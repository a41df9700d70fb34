-- ===== src/Common/Paths/Walk.antt =====
-- The stack of Clean over plain words.
use mathlib.Core.Path.{◌≡◌, refl, sym, ap, ◌∙◌}
use mathlib.Core.Logic.{inl, inr}
use mathlib.Core.Bool.{Bool, true, false}
use mathlib.Core.List.{
  List, [], ◌∷◌, ◌++◌, reverse, reverse-cons, append_assoc, append-nil, reverse-reverse,
}
use fylane.Common.Tests.{Bool-cases, ◌==◌}
use fylane.Common.Lists.{All, All-append}
use fylane.Common.Text.{Text, text_beq, text_eq, split_on, has_prefix}
use fylane.Common.Paths.{slash, dot, dot_dot, push_word, pop_word, walk, clean, is_abs, join_words}
use fylane.Common.Paths.Split.{NoSlash, split_on-join_words, split_on-NoSlash}

-- A word that stays when a path is cleaned.
pub record IsPlain (w : Text) : Type 0 where
  pub some_byte : (w == []) ≡ false
  pub not_dot : (w == dot) ≡ false
  pub not_dot_dot : (w == dot_dot) ≡ false
  pub no_slash : NoSlash w

pub walk-append :
    (rooted : Bool) (stack ws vs : List Text)
    → walk rooted stack (ws ++ vs) ≡ walk rooted (walk rooted stack ws) vs
unfolding walk
walk-append rooted stack [] vs = refl
walk-append rooted stack (w ∷ ws) vs = walk-append rooted (push_word rooted stack w) ws vs

push_word_plain :
    (rooted : Bool) (stack : List Text) (w : Text)
    → IsPlain w
    → push_word rooted stack w ≡ w ∷ stack
unfolding push_word
push_word_plain rooted stack w h = rw (h.some_byte, h.not_dot, h.not_dot_dot)

-- Plain words are pushed one by one.
pub walk_plain :
    (rooted : Bool) (stack ws : List Text)
    → All IsPlain ws
    → walk rooted stack ws ≡ reverse ws ++ stack
unfolding walk
walk_plain rooted stack [] h = refl
walk_plain rooted stack (w ∷ ws) (h, hs) = rw (push_word_plain rooted stack w h) (
    rw (reverse-cons w ws)
      (walk_plain rooted (w ∷ stack) ws hs ∙ sym (append_assoc (reverse ws) (w ∷ []) stack)))

pop_word-IsPlain : (stack : List Text) → All IsPlain stack → All IsPlain (pop_word true stack)
unfolding pop_word
pop_word-IsPlain [] h = tt
pop_word-IsPlain (w ∷ ws) (h, hs) = rw h.not_dot_dot hs

push_word-IsPlain :
    (stack : List Text) (w : Text)
    → NoSlash w
    → All IsPlain stack
    → All IsPlain (push_word true stack w)
unfolding push_word
push_word-IsPlain stack w n h = elim (Bool-cases (w == [])) [
  | inl e ↦ rw e h
  | inr e ↦ rw e (elim (Bool-cases (w == dot)) [
    | inl f ↦ rw f h
    | inr f ↦ rw f (elim (Bool-cases (w == dot_dot)) [
      | inl g ↦ rw g (pop_word-IsPlain stack h)
      | inr g ↦ rw g (record { some_byte = e; not_dot = f; not_dot_dot = g; no_slash = n }, h)
    ])
  ])
]

-- From the root, only plain words are ever on the stack.
pub walk-IsPlain :
    (stack ws : List Text) → All NoSlash ws → All IsPlain stack → All IsPlain (walk true stack ws)
unfolding walk
walk-IsPlain stack [] n h = h
walk-IsPlain stack (w ∷ ws) (n, ns) h =
    walk-IsPlain (push_word true stack w) ws ns (push_word-IsPlain stack w n h)

pub All-reverse {ℓ κ} : {A : Type ℓ} (P : A → Type κ) (xs : List A) → All P xs → All P (reverse xs)
All-reverse P [] h = h
All-reverse P (x ∷ xs) (h, hs) =
    rw (reverse-cons x xs) (All-append P (reverse xs) (x ∷ []) (All-reverse P xs hs) (h, tt))

-- A path from the root, as its words.
abbrev pub rooted_path : List Text → Text
rooted_path ws = slash ∷ join_words ws

-- The words of a path from the root, after it is cleaned.
abbrev pub landing : List Text → List Text
landing ws = reverse (walk true [] ws)

pub landing-IsPlain : (s : Text) → All IsPlain (landing (split_on slash s))
landing-IsPlain s =
    All-reverse IsPlain (walk true [] (split_on slash s))
      (walk-IsPlain [] (split_on slash s) (split_on-NoSlash s) tt)

pub is_abs-slash : (s : Text) → is_abs (slash ∷ s) ≡ true
unfolding is_abs has_prefix
is_abs-slash [] = refl
is_abs-slash (c ∷ s) = refl

pub clean_rooted : (s : Text) → clean (slash ∷ s) ≡ rooted_path (landing (split_on slash s))
unfolding clean push_word text_beq
clean_rooted s = rw (is_abs-slash s)

landing_plain : (ws : List Text) → All IsPlain ws → landing ws ≡ ws
landing_plain ws h = rw (walk_plain true [] ws h) (rw append-nil (reverse-reverse ws))

pub All-NoSlash : (ws : List Text) → All IsPlain ws → All NoSlash ws
All-NoSlash [] h = tt
All-NoSlash (w ∷ ws) (h, hs) = (h.no_slash, All-NoSlash ws hs)

-- A path of plain words from the root is clean already.
pub clean-rooted_path : (ws : List Text) → All IsPlain ws → clean (rooted_path ws) ≡ rooted_path ws
unfolding join_words walk split_on text_beq
clean-rooted_path [] h = clean_rooted [] ∙ refl
clean-rooted_path (w ∷ ws) h =
    clean_rooted (join_words (w ∷ ws))
    ∙ rw (split_on-join_words (w ∷ ws) (λ e. cc) (All-NoSlash (w ∷ ws) h))
        (ap rooted_path (landing_plain (w ∷ ws) h))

## EXERCISE DESCRIPTION
Make an exact copy of every record listed above.

## RESULT OF THE EXERCISE
repository a41df9700d70fb34
-- ===== src/Common/Paths/Walk.antt =====
-- The stack of Clean over plain words.
use mathlib.Core.Path.{◌≡◌, refl, sym, ap, ◌∙◌}
use mathlib.Core.Logic.{inl, inr}
use mathlib.Core.Bool.{Bool, true, false}
use mathlib.Core.List.{
  List, [], ◌∷◌, ◌++◌, reverse, reverse-cons, append_assoc, append-nil, reverse-reverse,
}
use fylane.Common.Tests.{Bool-cases, ◌==◌}
use fylane.Common.Lists.{All, All-append}
use fylane.Common.Text.{Text, text_beq, text_eq, split_on, has_prefix}
use fylane.Common.Paths.{slash, dot, dot_dot, push_word, pop_word, walk, clean, is_abs, join_words}
use fylane.Common.Paths.Split.{NoSlash, split_on-join_words, split_on-NoSlash}

-- A word that stays when a path is cleaned.
pub record IsPlain (w : Text) : Type 0 where
  pub some_byte : (w == []) ≡ false
  pub not_dot : (w == dot) ≡ false
  pub not_dot_dot : (w == dot_dot) ≡ false
  pub no_slash : NoSlash w

pub walk-append :
    (rooted : Bool) (stack ws vs : List Text)
    → walk rooted stack (ws ++ vs) ≡ walk rooted (walk rooted stack ws) vs
unfolding walk
walk-append rooted stack [] vs = refl
walk-append rooted stack (w ∷ ws) vs = walk-append rooted (push_word rooted stack w) ws vs

push_word_plain :
    (rooted : Bool) (stack : List Text) (w : Text)
    → IsPlain w
    → push_word rooted stack w ≡ w ∷ stack
unfolding push_word
push_word_plain rooted stack w h = rw (h.some_byte, h.not_dot, h.not_dot_dot)

-- Plain words are pushed one by one.
pub walk_plain :
    (rooted : Bool) (stack ws : List Text)
    → All IsPlain ws
    → walk rooted stack ws ≡ reverse ws ++ stack
unfolding walk
walk_plain rooted stack [] h = refl
walk_plain rooted stack (w ∷ ws) (h, hs) = rw (push_word_plain rooted stack w h) (
    rw (reverse-cons w ws)
      (walk_plain rooted (w ∷ stack) ws hs ∙ sym (append_assoc (reverse ws) (w ∷ []) stack)))

pop_word-IsPlain : (stack : List Text) → All IsPlain stack → All IsPlain (pop_word true stack)
unfolding pop_word
pop_word-IsPlain [] h = tt
pop_word-IsPlain (w ∷ ws) (h, hs) = rw h.not_dot_dot hs

push_word-IsPlain :
    (stack : List Text) (w : Text)
    → NoSlash w
    → All IsPlain stack
    → All IsPlain (push_word true stack w)
unfolding push_word
push_word-IsPlain stack w n h = elim (Bool-cases (w == [])) [
  | inl e ↦ rw e h
  | inr e ↦ rw e (elim (Bool-cases (w == dot)) [
    | inl f ↦ rw f h
    | inr f ↦ rw f (elim (Bool-cases (w == dot_dot)) [
      | inl g ↦ rw g (pop_word-IsPlain stack h)
      | inr g ↦ rw g (record { some_byte = e; not_dot = f; not_dot_dot = g; no_slash = n }, h)
    ])
  ])
]

-- From the root, only plain words are ever on the stack.
pub walk-IsPlain :
    (stack ws : List Text) → All NoSlash ws → All IsPlain stack → All IsPlain (walk true stack ws)
unfolding walk
walk-IsPlain stack [] n h = h
walk-IsPlain stack (w ∷ ws) (n, ns) h =
    walk-IsPlain (push_word true stack w) ws ns (push_word-IsPlain stack w n h)

pub All-reverse {ℓ κ} : {A : Type ℓ} (P : A → Type κ) (xs : List A) → All P xs → All P (reverse xs)
All-reverse P [] h = h
All-reverse P (x ∷ xs) (h, hs) =
    rw (reverse-cons x xs) (All-append P (reverse xs) (x ∷ []) (All-reverse P xs hs) (h, tt))

-- A path from the root, as its words.
abbrev pub rooted_path : List Text → Text
rooted_path ws = slash ∷ join_words ws

-- The words of a path from the root, after it is cleaned.
abbrev pub landing : List Text → List Text
landing ws = reverse (walk true [] ws)

pub landing-IsPlain : (s : Text) → All IsPlain (landing (split_on slash s))
landing-IsPlain s =
    All-reverse IsPlain (walk true [] (split_on slash s))
      (walk-IsPlain [] (split_on slash s) (split_on-NoSlash s) tt)

pub is_abs-slash : (s : Text) → is_abs (slash ∷ s) ≡ true
unfolding is_abs has_prefix
is_abs-slash [] = refl
is_abs-slash (c ∷ s) = refl

pub clean_rooted : (s : Text) → clean (slash ∷ s) ≡ rooted_path (landing (split_on slash s))
unfolding clean push_word text_beq
clean_rooted s = rw (is_abs-slash s)

landing_plain : (ws : List Text) → All IsPlain ws → landing ws ≡ ws
landing_plain ws h = rw (walk_plain true [] ws h) (rw append-nil (reverse-reverse ws))

pub All-NoSlash : (ws : List Text) → All IsPlain ws → All NoSlash ws
All-NoSlash [] h = tt
All-NoSlash (w ∷ ws) (h, hs) = (h.no_slash, All-NoSlash ws hs)

-- A path of plain words from the root is clean already.
pub clean-rooted_path : (ws : List Text) → All IsPlain ws → clean (rooted_path ws) ≡ rooted_path ws
unfolding join_words walk split_on text_beq
clean-rooted_path [] h = clean_rooted [] ∙ refl
clean-rooted_path (w ∷ ws) h =
    clean_rooted (join_words (w ∷ ws))
    ∙ rw (split_on-join_words (w ∷ ws) (λ e. cc) (All-NoSlash (w ∷ ws) h))
        (ap rooted_path (landing_plain (w ∷ ws) h))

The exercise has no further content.